Highway is "raajmaarg" and expressway is "drutmaarg". Since boulevards don't exist in India (neither in UK, as far as I know), I don't think we have a word for that in Hindi - just as English has borrowed the French word directly, I would favour the same approach for Hindi.


----------



## Qureshpor

greatbear said:


> Highway is "raajmaarg" and expressway is "drutmaarg". Since boulevards don't exist in India (neither in UK, as far as I know), I don't think we have a word for that in Hindi - just as English has borrowed the French word directly, I would favour the same approach for Hindi.



They do exist in England and other parts of the UK.


----------



## Qureshpor

It might have been better, Alfaaz SaaHib, if you had just asked the question rather than providing answers as well.Your lists are pretty comprehensive and therefore does n't leave much for others to add. "jaadah" I believe is Persian (and as Turkish has been mentioned recently, used there as well as "cadde"). 

paTrii/paTRii, naakaa

kuu, kuuchah


----------



## Qureshpor

Is the word "path" or "panth" and does n't "khaaNchaa" mean a bend in the road?


----------



## greatbear

QURESHPOR said:


> Is the word "path" or "panth" and does n't "khaaNchaa" mean a bend in the road?



"panth" is rather a religious or moral way of life that you embark upon; "path" could be used in both senses: the actual "way" or like a "Dagar" as in "insaaf kii Dagar pe chal ke dikhao bachcho".
"khaNchaa" does mean a bend in the road and hence also often used for side-roads, which was a part of OP's question.

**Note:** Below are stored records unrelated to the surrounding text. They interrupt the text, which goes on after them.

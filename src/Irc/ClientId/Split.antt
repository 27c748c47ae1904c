-- ===== src/Irc/ClientId/Split.antt =====
-- `strings.Split` by one byte: its parts hold no separator, and spell the text.
use irc_idler.Prelude.{
  ℕ, List, [], ◌∷◌, ◌++◌, Bytes, ◌==◌, ◌≡◌, ◌≢◌, refl, arith, Lacks, ap, Bool-cases, inl, inr, true,
  false, sym, ◌∙◌,
}
use irc_idler.Irc.ClientId.{split, prepend}

prepend_inv :
    (c : ℕ) (l : List Bytes) (p : Bytes) (ps : List Bytes)
    → l ≢ []
    → prepend c l ≡ p ∷ ps
    → (p' : Bytes) × (l ≡ p' ∷ ps) × (p ≡ c ∷ p')
unfolding prepend
prepend_inv c [] p ps h e = absurd (h refl)
prepend_inv c (q ∷ qs) p ps h e = (q, ground arith, ground arith)

module _ (sep : ℕ) where
  pub split-Lacks : (s : Bytes) → Lacks sep s → split sep s ≡ s ∷ []
  unfolding split
  split-Lacks [] h = refl
  split-Lacks (c ∷ s) (hc, hs) = ground (arith, split-Lacks s hs)

  pub split-append : (s t : Bytes) → Lacks sep s → split sep (s ++ sep ∷ t) ≡ s ∷ split sep t
  unfolding split
  split-append [] t h = ground arith
  split-append (c ∷ s) t (hc, hs) = ground (arith, split-append s t hs)

  split-ne-nil : (s : Bytes) → split sep s ≢ []
  unfolding split
  split-ne-nil [] = ground arith
  split-ne-nil (c ∷ s) = ground arith

  split_same : (c : ℕ) (s : Bytes) → (c == sep) ≡ true → split sep (c ∷ s) ≡ [] ∷ split sep s
  unfolding split
  split_same c s h = rw h

  split_other :
      (c : ℕ) (s : Bytes) → (c == sep) ≡ false → split sep (c ∷ s) ≡ prepend c (split sep s)
  unfolding split
  split_other c s h = rw h

  -- A text that is one part is that part.
  pub split_one : (s p : Bytes) → split sep s ≡ p ∷ [] → (p ≡ s) × Lacks sep s
  split_one [] p h = (unfold split in ground arith, tt)
  split_one (c ∷ s) p h = elim (Bool-cases (c == sep)) [
    | inl same ↦ absurd (ground (arith, split_same c s same, split-ne-nil s))
    | inr other ↦
        let (p', e, shape) =
          prepend_inv c (split sep s) p [] (split-ne-nil s) (sym (split_other c s other) ∙ h) in
        let (eq, lacks) = split_one s p' e in
        (shape ∙ ap (λ (t : Bytes). c ∷ t) eq, (ground arith, lacks))
  ]

  -- A text of two parts has one separator, between them.
  pub split_two :
      (s p q : Bytes) → split sep s ≡ p ∷ q ∷ [] → (s ≡ p ++ sep ∷ q) × Lacks sep p × Lacks sep q
  split_two [] p q h = unfold split in cc
  split_two (c ∷ s) p q h = elim (Bool-cases (c == sep)) [
    | inl same ↦
        let (eq, lacks) = split_one s q (ground (arith, split_same c s same)) in
        let none_before : p ≡ [] = ground (arith, split_same c s same) in
        rw none_before (ground (arith, eq), tt, rw eq lacks)
    | inr other ↦
        let (p', e, shape) =
          prepend_inv c (split sep s) p (q ∷ []) (split-ne-nil s)
            (sym (split_other c s other) ∙ h) in
        let (eq, before, after) = split_two s p' q e in
        rw shape (ap (λ (t : Bytes). c ∷ t) eq, (ground arith, before), after)
  ]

Thanks for letting me know that boulevards exist in the UK. In India, I have rarely seen something that could be classified as a boulevard: only New Delhi and Bangalore come to my mind as cities having a few of those. In Delhi, they are all "marg"s, thus not classified separately.


----------



## greatbear

QURESHPOR said:


> paTrii/paTRii, naakaa
> 
> kuu, kuuchah



I have heard "kuuchah" though I never understood it's exact meaning: could you please tell me what is it? Never heard of "kuu" and "paTRii". And isn't "paTrii" rails and "naakaa" post (like an octroi-naakaa, where one would expect a road barred by some arrangement, so that one can pay octroi taxes)?


----------



## Alfaaz

> It might have been better, Alfaaz SaaHib, if you had just asked the question rather than providing answers as well.Your lists are pretty comprehensive and therefore does n't leave much for others to add.

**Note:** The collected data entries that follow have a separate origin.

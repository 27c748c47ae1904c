-- ===== src/Irc/ClientId/RoundTrip.antt =====
-- Printing and parsing a client id.
use irc_idler.Prelude.{
  ℕ, [], ◌∷◌, ◌++◌, Bytes, ◌≡◌, ◌≢◌, refl, arith, Lacks, ap, Bool-cases, inl, inr, All-append,
  bytes_eq, bytes_eq_iff, ◌⊎◌, ◌∙◌,
}
use irc_idler.Irc.ClientId.{
  ClientId, to_string, split, ok, parse_client_id, parse_flagged, split_host, split_user, finish,
  at_sign, plus_sign, bang,
}
use irc_idler.Irc.ClientId.Split.{split-Lacks, split-append}

-- A nick that is not read as a flag and a nick.
abbrev pub Unflagged : Bytes → Type 0
Unflagged [] = Unit
Unflagged (c ∷ s) = (c ≢ at_sign) × (c ≢ plus_sign)

abbrev pub FlagFits : Bytes → Bytes → Type 0
FlagFits [] nick = Unflagged nick
FlagFits (c ∷ []) nick = (c ≡ at_sign) ⊎ (c ≡ plus_sign)
FlagFits (c ∷ d ∷ s) nick = ⊥

-- The ids that `ParseClientID` can return.
pub record IsCanonical (id : ClientId) : Type 0 where
  pub flag_fits : FlagFits id.flag id.nick
  pub has_nick : id.nick ≢ []
  pub nick_at : Lacks at_sign id.nick
  pub user_at : Lacks at_sign id.user
  pub host_at : Lacks at_sign id.host
  pub nick_bang : id.host ≢ [] → Lacks bang id.nick
  pub user_bang : Lacks bang id.user
  pub user_host : id.user ≢ [] → id.host ≢ []

-- The printed id behind its flag.
abbrev bare_text : ClientId → Bytes
bare_text id = to_string (record id { flag = [] })

abbrev pub client : Bytes → Bytes → Bytes → Bytes → ClientId
client flag nick user host = record { flag = flag; nick = nick; user = user; host = host }

finish_lem :
    (flag nick user host : Bytes)
    → nick ≢ []
    → (user ≢ [] → host ≢ [])
    → finish flag (ok (client [] nick user host)) ≡ ok (client flag nick user host)
unfolding finish
finish_lem flag nick user host h k =
    ground (arith, bytes_eq_iff nick [], bytes_eq_iff user [], bytes_eq_iff host [])

split_host_one :
    (s : Bytes) → Lacks at_sign s → split_host s (split at_sign s) ≡ ok (client [] s [] [])
unfolding split_host
split_host_one s h = rw (split-Lacks at_sign s h, split_host)

split_host_two :
    (s host : Bytes)
    → Lacks at_sign s
    → Lacks at_sign host
    → split_host (s ++ at_sign ∷ host) (split at_sign (s ++ at_sign ∷ host))
      ≡ split_user s (split bang s) host
unfolding split_host
split_host_two s host h k =
    rw (split-append at_sign s host h, split-Lacks at_sign host k, split_host)

split_user_one :
    (nick host : Bytes)
    → Lacks bang nick
    → split_user nick (split bang nick) host ≡ ok (client [] nick [] host)
unfolding split_user
split_user_one nick host h = rw (split-Lacks bang nick h, split_user)

split_user_two :
    (nick user host : Bytes)
    → Lacks bang nick
    → Lacks bang user
    → split_user (nick ++ bang ∷ user) (split bang (nick ++ bang ∷ user)) host
      ≡ ok (client [] nick user host)
unfolding split_user
split_user_two nick user host h k =
    rw (split-append bang nick user h, split-Lacks bang user k, split_user)

at_bang : at_sign ≢ bang
at_bang = omega arith

parse_flagged-bare_text :
    (flag nick user host : Bytes)
    → IsCanonical (client flag nick user host)
    → parse_flagged flag (bare_text (client flag nick user host)) ≡ ok (client flag nick user host)
unfolding parse_flagged to_string bytes_eq
parse_flagged-bare_text flag nick [] [] h =
    ap (finish flag) (split_host_one nick h.nick_at)
    ∙ finish_lem flag nick [] [] h.has_nick h.user_host
parse_flagged-bare_text flag nick (d ∷ t) [] h = absurd (h.user_host (ground arith) refl)
parse_flagged-bare_text flag nick [] (c ∷ s) h =
    ap (finish flag) (
      split_host_two nick (c ∷ s) h.nick_at h.host_at
      ∙ split_user_one nick (c ∷ s) (h.nick_bang (ground arith)))
    ∙ finish_lem flag nick [] (c ∷ s) h.has_nick h.user_host
parse_flagged-bare_text flag nick (d ∷ t) (c ∷ s) h =
    let before : Lacks at_sign (nick ++ bang ∷ d ∷ t) =
      All-append (λ b. b ≢ at_sign) nick (bang ∷ d ∷ t) h.nick_at (omega arith, h.user_at) in
    ap (finish flag) (
      split_host_two (nick ++ bang ∷ d ∷ t) (c ∷ s) before h.host_at
      ∙ split_user_two nick (d ∷ t) (c ∷ s) (h.nick_bang (ground arith)) h.user_bang)
    ∙ finish_lem flag nick (d ∷ t) (c ∷ s) h.has_nick h.user_host

parse_client_id_bare : (s : Bytes) → Unflagged s → parse_client_id s ≡ parse_flagged [] s
unfolding parse_client_id
parse_client_id_bare [] h = refl
parse_client_id_bare (c ∷ s) h = ground arith

parse_client_id-flagged :
    (c : ℕ) (s : Bytes)
    → (c ≡ at_sign) ⊎ (c ≡ plus_sign)
    → parse_client_id (c ∷ s) ≡ parse_flagged (c ∷ []) s
unfolding parse_client_id
parse_client_id-flagged c s h = ground arith

bare_text-Unflagged :
    (nick user host : Bytes)
    → nick ≢ []
    → Unflagged nick
    → Unflagged (to_string (client [] nick user host))
unfolding to_string
bare_text-Unflagged [] user host h k = absurd (h refl)
bare_text-Unflagged (c ∷ s) user host h k = elim (Bool-cases (bytes_eq host [])) [
  | inl e ↦ rw e k
  | inr e ↦ elim (Bool-cases (bytes_eq user [])) [ inl e' ↦ rw (e, e') k | inr e' ↦ rw (e, e') k ]
]

to_string_flag :
    (c : ℕ) (nick user host : Bytes)
    → to_string (client (c ∷ []) nick user host) ≡ c ∷ to_string (client [] nick user host)
unfolding to_string
to_string_flag c nick user host = ground arith

canonical_read_back :
    (flag nick user host : Bytes)
    → IsCanonical (client flag nick user host)
    → parse_client_id (to_string (client flag nick user host)) ≡ ok (client flag nick user host)
canonical_read_back [] nick user host h =
    parse_client_id_bare _ (bare_text-Unflagged nick user host h.has_nick h.flag_fits)
    ∙ parse_flagged-bare_text [] nick user host h
canonical_read_back (c ∷ []) nick user host h =
    ap parse_client_id (to_string_flag c nick user host)
    ∙ parse_client_id-flagged c (to_string (client [] nick user host)) h.flag_fits
    ∙ parse_flagged-bare_text (c ∷ []) nick user host h
canonical_read_back (c ∷ d ∷ s) nick user host h = absurd h.flag_fits

-- A canonical client id is read back from its print.
pub parse_client_id-to_string :
    (id : ClientId) → IsCanonical id → parse_client_id (to_string id) ≡ ok id
parse_client_id-to_string id h = canonical_read_back id.flag id.nick id.user id.host h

Sorry...It was surprising to find so many words for "road"! Could members assign them English names/descriptions-where each Urdu word could be used? 
(The idea came when listening to the news and hearing Shahraah-e-Faisal and ____?____ highway in the same sentence, which made me think what other words are there and also how are they assigned to roads. For example, are there different names for tree-lined/landscaped roads, mountain roads, etc.?)


----------



## Alfaaz

> Since boulevards don't exist in India


Thanks for replying! I think a Wikipedia article on boulevards mentions there is a famous one in New Dehli...and the UK also (was shown recently in the royal wedding)...


----------



## marrish

Alfaaz SaaHib, I will have a look at a manual of the traffic code in Urdu I have somewhere but I'm afraid these words have been borrowed from English.

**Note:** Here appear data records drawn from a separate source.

-- ===== src/Irc/ClientId/Canonical.antt =====
-- What `ParseClientID` returns is a canonical id, so that printing and parsing it again changes
-- nothing.
use mathlib.Core.Path.{subst}
use irc_idler.Prelude.{
  List, [], ◌∷◌, ◌++◌, Bytes, ◌==◌, ◌≡◌, ◌≢◌, refl, arith, All-append_inv, Lacks, ap, Bool-cases,
  inl, inr, bytes_eq_iff, sym, ◌∙◌, ◌||◌, append-nil, append_assoc,
}
use irc_idler.Irc.ClientId.{
  ClientId, to_string, split, Parsed, ok, err, parse_client_id, parse_flagged, split_host,
  split_user, finish, at_sign, plus_sign, bang,
}
use irc_idler.Irc.ClientId.Split.{split_one, split_two}
use irc_idler.Irc.ClientId.RoundTrip.{
  IsCanonical, Unflagged, FlagFits, client, parse_client_id-to_string,
}

-- An id that was cut out of `text`, which begins with its nick.
record IsCut (text : Bytes) (id : ClientId) : Type 0 where
  behind : Bytes
  starts : text ≡ id.nick ++ behind
  nick_at : Lacks at_sign id.nick
  user_at : Lacks at_sign id.user
  host_at : Lacks at_sign id.host
  nick_bang : id.host ≢ [] → Lacks bang id.nick
  user_bang : Lacks bang id.user

split_user-IsCut :
    (before host : Bytes) (parts : List Bytes) (id : ClientId)
    → split bang before ≡ parts
    → Lacks at_sign before
    → Lacks at_sign host
    → split_user before parts host ≡ ok id
    → IsCut (before ++ at_sign ∷ host) id
unfolding split_user
split_user-IsCut before host [] id e lb lh h = cc
split_user-IsCut before host (nick ∷ []) id e lb lh h =
    let (same, lacks) = split_one bang before nick e in
    let id_is : client [] before [] host ≡ id = ground arith in
    subst (λ (i : ClientId). IsCut (before ++ at_sign ∷ host) i) id_is
      (record {
        behind = at_sign ∷ host;
        starts = refl;
        nick_at = lb;
        user_at = tt;
        host_at = lh;
        nick_bang = λ _. lacks;
        user_bang = tt;
      })
split_user-IsCut before host (nick ∷ user ∷ []) id e lb lh h =
    let (shape, nick_lacks, user_lacks) = split_two bang before nick user e in
    let (nick_at, (_, user_at)) =
      All-append_inv (λ b. b ≢ at_sign) nick (bang ∷ user) (rw shape at lb) in
    let id_is : client [] nick user host ≡ id = ground arith in
    subst (λ (i : ClientId). IsCut (before ++ at_sign ∷ host) i) id_is
      (record {
        behind = (bang ∷ user) ++ at_sign ∷ host;
        starts =
            ap (λ (t : Bytes). t ++ at_sign ∷ host) shape
            ∙ append_assoc nick (bang ∷ user) (at_sign ∷ host);
        nick_at = nick_at;
        user_at = user_at;
        host_at = lh;
        nick_bang = λ _. nick_lacks;
        user_bang = user_lacks;
      })
split_user-IsCut before host (nick ∷ user ∷ more ∷ parts) id e lb lh h = cc

split_host-IsCut :
    (text : Bytes) (parts : List Bytes) (id : ClientId)
    → split at_sign text ≡ parts
    → split_host text parts ≡ ok id
    → IsCut text id
unfolding split_host
split_host-IsCut text [] id e h = cc
split_host-IsCut text (one ∷ []) id e h =
    let (same, lacks) = split_one at_sign text one e in
    let id_is : client [] text [] [] ≡ id = ground arith in
    subst (λ (i : ClientId). IsCut text i) id_is
      (record {
        behind = [];
        starts = sym (append-nil text);
        nick_at = lacks;
        user_at = tt;
        host_at = tt;
        nick_bang = λ h. absurd (h refl);
        user_bang = tt;
      })
split_host-IsCut text (before ∷ host ∷ []) id e h =
    let (shape, before_at, host_at) = split_two at_sign text before host e in
    subst (λ (t : Bytes). IsCut t id) (sym shape)
      (split_user-IsCut before host (split bang before) id refl before_at host_at h)
split_host-IsCut text (before ∷ host ∷ more ∷ parts) id e h = cc

Unflagged-append : (nick rest : Bytes) → nick ≢ [] → Unflagged (nick ++ rest) → Unflagged nick
Unflagged-append [] rest h u = absurd (h refl)
Unflagged-append (c ∷ s) rest h u = u

finish_inv :
    (flag : Bytes) (raw id : ClientId)
    → finish flag (ok raw) ≡ ok id
    → (record raw { flag = flag } ≡ id) × (raw.nick ≢ []) × (raw.user ≢ [] → raw.host ≢ [])
unfolding finish
finish_inv flag raw id h =
    ground (arith, bytes_eq_iff raw.nick [], bytes_eq_iff raw.user [], bytes_eq_iff raw.host [])

abbrev FlagOf : Bytes → Bytes → Type 0
FlagOf flag text = (nick rest : Bytes) → nick ≢ [] → text ≡ nick ++ rest → FlagFits flag nick

finish-IsCanonical :
    (flag text : Bytes) (p : Parsed) (id : ClientId)
    → FlagOf flag text
    → ((raw : ClientId) → p ≡ ok raw → IsCut text raw)
    → finish flag p ≡ ok id
    → IsCanonical id
finish-IsCanonical flag text (err e) id fits cut h = unfold finish in cc
finish-IsCanonical flag text (ok raw) id fits cut h =
    let (same, has_nick, user_host) = finish_inv flag raw id h in
    let c = cut raw refl in
    subst IsCanonical same (record {
      flag_fits = fits raw.nick c.behind has_nick c.starts;
      has_nick = has_nick;
      nick_at = c.nick_at;
      user_at = c.user_at;
      host_at = c.host_at;
      nick_bang = c.nick_bang;
      user_bang = c.user_bang;
      user_host = user_host;
    })

parse_flagged-IsCanonical :
    (flag text : Bytes) (id : ClientId)
    → FlagOf flag text
    → parse_flagged flag text ≡ ok id
    → IsCanonical id
unfolding parse_flagged
parse_flagged-IsCanonical flag text id fits h =
    finish-IsCanonical flag text (split_host text (split at_sign text)) id fits
      (λ raw e. split_host-IsCut text (split at_sign text) raw refl e) h

-- Whatever text is parsed without an error, the id is canonical.
pub parse_client_id-IsCanonical :
    (text : Bytes) (id : ClientId) → parse_client_id text ≡ ok id → IsCanonical id
unfolding parse_client_id
parse_client_id-IsCanonical [] id h =
    parse_flagged-IsCanonical [] [] id
      (λ nick rest some_nick e. Unflagged-append nick rest some_nick (subst Unflagged e tt)) h
parse_client_id-IsCanonical (c ∷ s) id h = elim (Bool-cases (c == at_sign || c == plus_sign)) [
  | inl flagged ↦
      parse_flagged-IsCanonical (c ∷ []) s id (λ nick rest some_nick e. ground arith)
        (rw flagged at h)
  | inr plain ↦
      parse_flagged-IsCanonical [] (c ∷ s) id
        (λ nick rest some_nick e.
          Unflagged-append nick rest some_nick (subst Unflagged e (ground arith)))
        (rw plain at h)
]

-- A parsed id prints as a text that parses to the same id, though not always as the text it came
-- from.
pub parse_client_id_again :
    (text : Bytes) (id : ClientId)
    → parse_client_id text ≡ ok id
    → parse_client_id (to_string id) ≡ ok id
parse_client_id_again text id h =
    parse_client_id-to_string id (parse_client_id-IsCanonical text id h)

We also have _shaah-raah_ and _xiyaabaan_ in Urdu.


----------



## UrduMedium

I think at least in Pakistan at this time the most common word in use (in Urdu) is _roD _(road). It's used so much in speech and writing that there's no reason to not consider it part of the Urdu language. Whether it is Mall Road, MA Jinnah (Bunder) Road, Chundrigar Road, Clifton Road, Rashid Minhas Road, it is everywhere. It's like the word paark (for example) in its wide acceptance.

Lately I have noticed some of the upscale neighborhoods in Karachi (for example) also use the word Street, but it has not blended into the language like _roD_. Everyone from age 8 to 80 has the word on his/her tongue.


----------



## marrish

greatbear, I know I'm touching the old topic, but can you tell if it is pronounced drut or drit?
I'm asking because I would like to fix my pronunciation.


----------



## Qureshpor

greatbear said:


> I have heard "kuuchah" though I never understood it's exact meaning: could you please tell me what is it? Never heard of "kuu" and "paTRii". And isn't "paTrii" rails and "naakaa" post (like an octroi-naakaa, where one would expect a road barred by some arrangement, so that one can pay octroi taxes)?



"kuu" means a "street" (galii) whereas "kuuchah" is a small street (lane)

hai kitnaa bad-nasiib Zafar, dafn ke liye
do gaz zamiiN bhii nah milii, kuu-i-yaar meN

(Please note: Bahadur Shah Zafar was exiled and died in Burma)

Bahadur Shah Zafar

nikalnaa xuld* se Adam kaa sunte aa'e the lekin
bahut be-aabruu ho kar tere kuuche se ham nikle

Ghalib

* xuld = Garden of paradise

paTrii/paTRii are one and the same thing. The word of course is older than rails/railways. As the title of the thread is about kinds of roads, a rail-road would be "rel kii paTrii".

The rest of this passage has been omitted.